Oh yeah...all of that is so funny to think back on! There has been sooo much change in our lifetime. I can't imagine this much change taking place in our kids lifetimes, but who knows?

Sitesx6 said...

Oh my! I don't even want to think about this topic- it makes me feel so ANCIENT!

But....I lived in the day of NO MICROWAVES (can't really remember when they came out, but I think I was in high school)

No remote controls...we had to GET UP to change the channel (gasp)

Cassete tapes

Phones with a cord (gasp)

I excerised to Jane Fonda- wearing her leotard and leg warmers

And the biggest thing I remember is working at the orthodontist as an assistant and we DIDN'T WEAR GLOVES or masks or space suits....GROSS ME OUT...this we pre-AIDS, I had my hands in people's mouths with NO GLOVES ON....(I can't believe I'm still alive to talk about it.)
Kelly

Gretchen said...

my Atari.

a non-microwaving household

black and white TV till I was 10, sans remote

learning to type in 9th grade, alternating between IBM Selectric 2s and (gasp) m.a.n.u.a.l. typewriters. I made many a hole in my paper with my eraser pencil

Using Memomaker on my HP word processor

Crying when my computer crashed in college, causing me to lose my unbacked up paper whilst I was writing it.

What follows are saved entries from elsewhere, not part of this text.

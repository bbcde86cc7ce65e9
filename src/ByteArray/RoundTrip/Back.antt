-- ===== src/ByteArray/RoundTrip/Back.antt =====
-- src/bytearray.cpp: the reading half of the round trip, and the whole of it.
use mathlib.Core.List.{append_assoc}
use tigerkin.Prelude.{
  ℕ, ◌+◌, ◌^◌, ◌<◌, ◌≡◌, refl, sym, ap, subst, ◌∙◌, List, [], ◌∷◌, ◌++◌, arith, length,
  length-append, All, append-nil,
}
use tigerkin.Prelude.Bytes.{ℤ, to_word, of_word, of_word-to_word, to_word-lt, IsInt}
use tigerkin.ByteArray.{
  ByteArray, Outcome, returns, Action, ◌>>=◌, ◌>>◌, create, set_endian, set_offset, write, read,
}
use tigerkin.ByteArray.Invariant.{IsValid, create-IsValid, set_endian-IsValid}
use tigerkin.ByteArray.Ints.{
  image, value, ordered, read_uint, read_uint8, read_uint16, read_uint32, read_uint64, read_int8,
  read_int16, read_int32, read_int64, read_float, read_double,
}
use tigerkin.ByteArray.Strings.{read_string16, read_string32, read_string64, read_string_vint}
use tigerkin.ByteArray.Wire.{length-image, value-image, ordered-lt, ordered-ordered}
use tigerkin.ByteArray.Sequence.{
  Appending, Appending->>, write-Appending, Holds, read-Holds, rewind-Holds,
}
use tigerkin.ByteArray.RoundTrip.{
  Item, uint8, uint16, uint32, uint64, int8, int16, int32, int64, float, double, string16, string32,
  string64, string_vint, InRange, write_item, read_like, write_items, read_items, word, wire, wires,
  write_item-Appending,
}

-- A read gives `a` and leaves an array of the same byte order that holds `rest`.
abbrev Taking : {A : Type 0} → ℕ → A → List ℕ → Outcome A → Type 0
Taking {A} e a rest r = (c : ByteArray) × (r ≡ returns a c) × Holds c rest × (c.endian ≡ e)

module _ (host : ℕ) where
  read_uint-Taking :
      (k v : ℕ) (rest : List ℕ) (b : ByteArray)
      → 0 < k
      → v < 256 ^ k
      → Holds b (word host b.endian k v ++ rest)
      → Taking b.endian v rest (read_uint host k b)
  unfolding read_uint
  read_uint-Taking k v rest b pos lt h =
      let bytes = image host k (ordered host k v b) in
      let len = length-image host k (ordered host k v b) in
      let (c, e, g, same) = read-Holds bytes rest b (unfold ordered in h) (omega (arith, len)) in
      let got : read k b ≡ returns bytes c = ap (λ n. read n b) (sym len) ∙ e in
      (
        c,
        rw (got, read_uint, ◌>>=◌)
            (ap (λ w. returns (ordered host k w c) c)
                (value-image host k (ordered host k v b) (ordered-lt host k v b lt))
              ∙ ap (λ w. returns w c) (ordered-ordered host k v b c same lt)),
        g,
        same,
      )

  value-byte : (v : ℕ) → value host (v ∷ []) ≡ v
  unfolding value
  value-byte v = ground arith

  read_byte-Taking :
      (v : ℕ) (rest : List ℕ) (b : ByteArray)
      → Holds b (v ∷ rest)
      → Taking b.endian v rest (read_uint8 host b)
  unfolding read_uint8
  read_byte-Taking v rest b h =
      let (c, e, g, same) = read-Holds (v ∷ []) rest b h (omega arith) in
      (c, rw (e, read_uint8, ◌>>=◌) (ap (λ w. returns w c) (value-byte v)), g, same)

  read_int8-Taking :
      (z : ℤ) (rest : List ℕ) (b : ByteArray)
      → IsInt 8 z
      → Holds b (to_word 8 z ∷ rest)
      → Taking b.endian z rest (read_int8 host b)
  unfolding read_int8
  read_int8-Taking z rest b r h =
      let (c, e, g, same) = read-Holds (to_word 8 z ∷ []) rest b h (omega arith) in
      (
        c,
        rw (e, read_int8, ◌>>=◌)
            (ap (λ w. returns (of_word 8 w) c) (value-byte (to_word 8 z))
              ∙ ap (λ n. returns n c) (of_word-to_word 8 z (omega arith) r)),
        g,
        same,
      )

  -- A signed number is read as the word of `w` bits that stands for it.
  read_int-Taking :
      (k w : ℕ) (z : ℤ) (rest : List ℕ) (b : ByteArray)
      → 0 < k
      → 0 < w
      → IsInt w z
      → to_word w z < 256 ^ k
      → Holds b (word host b.endian k (to_word w z) ++ rest)
      → Taking b.endian z rest ((read_uint host k >>= λ v. returns (of_word w v)) b)
  read_int-Taking k w z rest b pos wide r lt h =
      let (c, e, g, same) = read_uint-Taking k (to_word w z) rest b pos lt h in
      (c, rw (e, ◌>>=◌) (ap (λ n. returns n c) (of_word-to_word w z wide r)), g, same)

  read_string-Taking :
      (k : ℕ) (s rest : List ℕ) (b : ByteArray)
      → 0 < k
      → (0 < length s) × (length s < 256 ^ k)
      → Holds b ((word host b.endian k (length s) ++ s) ++ rest)
      → Taking b.endian s rest ((read_uint host k >>= λ len. read len) b)
  read_string-Taking k s rest b pos r h =
      let (c, e, g, same) =
        read_uint-Taking k (length s) (s ++ rest) b pos r.1
          (rw (append_assoc (word host b.endian k (length s)) s rest) at h) in
      let (d, e', g', same') = read-Holds s rest c g r.0 in (d, rw (e, ◌>>=◌) e', g', same' ∙ same)

  -- What is read back is wrapped as an item.
  Taking-map :
      {A : Type 0} (f : A → Item) (a : A) (m : Action A) (rest : List ℕ) (b : ByteArray)
      → Taking b.endian a rest (m b)
      → Taking b.endian (f a) rest ((m >>= λ x. returns (f x)) b)
  Taking-map f a m rest b (c, e, g, same) = (c, rw (e, ◌>>=◌), g, same)

  read_like-Taking :
      (i : Item) (rest : List ℕ) (b : ByteArray)
      → InRange i
      → Holds b (wire host b.endian i ++ rest)
      → Taking b.endian i rest (read_like host i b)
  unfolding read_like read_uint16 read_uint32 read_uint64 read_float read_double read_int16
      read_int32 read_int64 read_string16 read_string32 read_string64 read_string_vint
  read_like-Taking (uint8 v) rest b r h =
      Taking-map uint8 v (read_uint8 host) rest b (read_byte-Taking v rest b h)
  read_like-Taking (uint16 v) rest b r h =
      Taking-map uint16 v (read_uint host 2) rest b (read_uint-Taking 2 v rest b (omega arith) r h)
  read_like-Taking (uint32 v) rest b r h =
      Taking-map uint32 v (read_uint host 4) rest b (read_uint-Taking 4 v rest b (omega arith) r h)
  read_like-Taking (uint64 v) rest b r h =
      Taking-map uint64 v (read_uint host 8) rest b (read_uint-Taking 8 v rest b (omega arith) r h)
  read_like-Taking (int8 z) rest b r h =
      Taking-map int8 z (read_int8 host) rest b (read_int8-Taking z rest b r h)
  read_like-Taking (int16 z) rest b r h =
      Taking-map int16 z (read_int16 host) rest b
        (read_int-Taking 2 16 z rest b (omega arith) (omega arith) r (to_word-lt 16 z) h)
  read_like-Taking (int32 z) rest b r h =
      Taking-map int32 z (read_int32 host) rest b
        (read_int-Taking 4 32 z rest b (omega arith) (omega arith) r (to_word-lt 32 z) h)
  read_like-Taking (int64 z) rest b r h =
      Taking-map int64 z (read_int64 host) rest b
        (read_int-Taking 8 64 z rest b (omega arith) (omega arith) r (to_word-lt 64 z) h)
  read_like-Taking (float v) rest b r h =
      Taking-map float v (read_uint host 4) rest b (read_uint-Taking 4 v rest b (omega arith) r h)
  read_like-Taking (double v) rest b r h =
      Taking-map double v (read_uint host 8) rest b (read_uint-Taking 8 v rest b (omega arith) r h)
  read_like-Taking (string16 s) rest b r h =
      Taking-map string16 s (read_string16 host) rest b
        (read_string-Taking 2 s rest b (omega arith) r h)
  read_like-Taking (string32 s) rest b r h =
      Taking-map string32 s (read_string32 host) rest b
        (read_string-Taking 4 s rest b (omega arith) r h)
  read_like-Taking (string64 s) rest b r h =
      Taking-map string64 s (read_string64 host) rest b
        (read_string-Taking 8 s rest b (omega arith) r h)
  read_like-Taking (string_vint s) rest b r h =
      Taking-map string_vint s (read_string_vint host) rest b
        (read_string-Taking 8 s rest b (omega arith) r h)

  write_items-Appending :
      (is : List Item) (b : ByteArray)
      → IsValid b
      → All InRange is
      → b.size + length (wires host b.endian is) < 2 ^ 64
      → Appending b (wires host b.endian is) (write_items host is b)
  unfolding write_items write
  write_items-Appending [] b v r fits = write-Appending [] b v fits
  write_items-Appending (i ∷ is) b v r fits =
      let first = wire host b.endian i in
      let len = length-append first (wires host b.endian is) in
      Appending->> (write_item host i) (write_items host is) first (wires host b.endian is) b
        (write_item-Appending host i b v r.0 (omega (arith, len)))
        (λ c a.
          subst (λ e. Appending c (wires host e is) (write_items host is c)) a.endian_eq
            (write_items-Appending is c a.valid r.1
              (rw a.endian_eq (omega (arith, len, a.size_eq)))))

  read_items-Taking :
      (is : List Item) (rest : List ℕ) (b : ByteArray)
      → All InRange is
      → Holds b (wires host b.endian is ++ rest)
      → Taking b.endian is rest (read_items host is b)
  unfolding read_items
  read_items-Taking [] rest b r h = (b, refl, h, refl)
  read_items-Taking (i ∷ is) rest b r h =
      let more = wires host b.endian is in
      let (c, e, g, same) =
        read_like-Taking i (more ++ rest) b r.0
          (rw (append_assoc (wire host b.endian i) more rest) at h) in
      let (d, e', g', same') = read_items-Taking is rest c r.1 (rw same g) in
      (d, rw (e, ◌>>=◌) (rw (e', ◌>>=◌)), g', same' ∙ same)

  -- For every block size but 0, byte order of the machine and byte order of the array: any
  -- sequence of numbers in the range of their types and of non-empty strings shorter than their
  -- prefix can say, of fewer than 2^64 bytes in all, that is written into a new array by the
  -- functions of the array and read back from its start by the matching ones, in order, comes
  -- back as it was.
  pub read_items-write_items :
      (base : ℕ) (fresh : ℕ → ℕ → ℕ) (e : ℕ) (is : List Item)
      → 0 < base
      → All InRange is
      → length (wires host e is) < 2 ^ 64
      → (d : ByteArray) × (((write_items host is >> set_offset 0) >> read_items host is)
            (set_endian e (create base fresh))
          ≡ returns is d)
  unfolding set_endian create
  read_items-write_items base fresh e is pos r fits =
      let b = set_endian e (create base fresh) in
      let (c, w, a) =
        write_items-Appending is b (set_endian-IsValid e (create-IsValid base fresh pos)) r
          (omega arith) in
      let (d, s, h, same) = rewind-Holds b c (wires host e is) refl refl a in
      let (f, g, _, _) = read_items-Taking is [] d r (rw (append-nil, same, a.endian_eq) h) in
      (f, rw (w, ◌>>=◌) (rw (s, ◌>>=◌) g))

Daisy-wheel noisy printing.

um...pre internet.

Wow.

Thanks, Mer. This was so much fun.

OhioFamOf4 said...

I got a bag phone for Christmas my senior year of high school and thought I was so cool that I could talk in my car if I plugged my bag into the cigarette lighter.

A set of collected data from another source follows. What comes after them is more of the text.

-- ===== src/Diff/Migration/Frees.antt =====
-- What `find_ports_to_migrate` finds for one port, and what it does not find.
use switch_configurator.Prelude.{
  ℕ, ◌≡◌, refl, Bool, true, false, not, ◌&&◌, ◌||◌, Option, none, some, List, [], ◌∷◌, arith,
  nat_eq, ◌==◌, contains, filter, any, is_some, is_empty, if◌then◌else◌, ==_iff,
}
use switch_configurator.Models.Network.{Port, inferred_mode}
use switch_configurator.Diff.Migration.{
  PortMigration, move_access_to_vlan1, remove_vlan_from_trunk, migrate_port,
}

-- Is the port a member of the VLAN, untagged or tagged?
abbrev pub uses : Port → ℕ → Bool
uses port v = port.vlan == v || contains port.tagged_vlans v

abbrev pub is_trunk : Port → Bool
is_trunk port = not (is_empty port.tagged_vlans)

-- A port is migrated exactly if one of the VLANs that are removed is its untagged one, for a port with no
-- tagged VLANs, or one of its tagged ones, for a trunk.
pub is_some-migrate_port :
    (port : Port) (vlan_set vlans : List ℕ)
    → is_some (migrate_port port vlan_set vlans)
      ≡ any (λ v. if is_trunk port then contains port.tagged_vlans v else port.vlan == v) vlans
unfolding migrate_port any inferred_mode
is_some-migrate_port port vlan_set [] = refl
is_some-migrate_port port vlan_set (v ∷ vs) = ground (arith, is_some-migrate_port port vlan_set vs)

-- the action that is taken, if any
pub action_of :
    (port : Port) (vlan_set vlans : List ℕ) {m : PortMigration}
    → migrate_port port vlan_set vlans ≡ some m
    → m.action ≡ (
        if is_trunk port
        then remove_vlan_from_trunk (filter (λ v. not (contains vlan_set v)) port.tagged_vlans)
        else move_access_to_vlan1)
unfolding migrate_port inferred_mode
action_of port vlan_set [] h = ground arith
action_of port vlan_set (v ∷ vs) {m} h = ground (arith, action_of port vlan_set vs {m = m})

any-contains :
    (p : ℕ → Bool) (vs : List ℕ) (v : ℕ) → contains vs v ≡ true → p v ≡ true → any p vs ≡ true
unfolding any contains
any-contains p [] v c h = ground arith
any-contains p (u ∷ us) v c h = ground (arith, any-contains p us v, ==_iff u v)

trunk_any :
    (port : Port) (vlans : List ℕ)
    → is_trunk port ≡ true
    → any (λ v. if is_trunk port then contains port.tagged_vlans v else port.vlan == v) vlans
      ≡ any (λ v. contains port.tagged_vlans v) vlans
trunk_any port vlans h = rw h

-- A trunk whose untagged VLAN is removed, and none of its tagged ones, is not found for migration, though
-- it is a member of a VLAN that is removed.
pub native_vlan_not_migrated :
    (port : Port) (vlans : List ℕ)
    → (is_trunk port && contains vlans port.vlan) ≡ true
    → any (λ v. contains port.tagged_vlans v) vlans ≡ false
    → (migrate_port port vlans vlans ≡ none) × (any (uses port) vlans ≡ true)
native_vlan_not_migrated port vlans h k = (
  go (migrate_port port vlans vlans) refl,
  any-contains (uses port) vlans port.vlan (ground arith)
      (ground (arith, ==_iff port.vlan port.vlan)),
)
  where
    go :
        (o : Option PortMigration)
        → migrate_port port vlans vlans ≡ o
        → migrate_port port vlans vlans ≡ none
    go none q = q
    go (some m) q =
        ground
          (arith, q, is_some-migrate_port port vlans vlans, k, trunk_any port vlans (ground arith))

And I was always in trouble for stretching the phone cord at home so I could talk in "private" in the dining room.

Oh, and my dad got me a word processor for my 16th birthday that I ended up taking to college. I'd rent it out to girls in my dorm ($5 each use) to cover my cost for printer ribbon.

I kind of miss my big hair, too, lol.

Unknown said...

Ever since The Girl saw the movie Kitt: The American Girl, she has been asking for a typewriter.

I seriously thought about trying to find one for her at Christmastime, but then i wondered how I would find the ribbon so it would actually work!

I think about how my kids will never know how to re-heat food without a microwave, or vinyl records, or crank windows on a car...

His Girl said...

We got a remote control for our betamax machine... and you had to be extra careful not to trip over the cord! hahaha.

Also, when the microwave broke here last year, I had to think really hard about how to reheat noodles. Then, I remember how my g'ma used to use milk to reheat things ON THE STOVE. oh, the horror.

I remember that hum of the electric typewriter, too. oh! and floppy disks!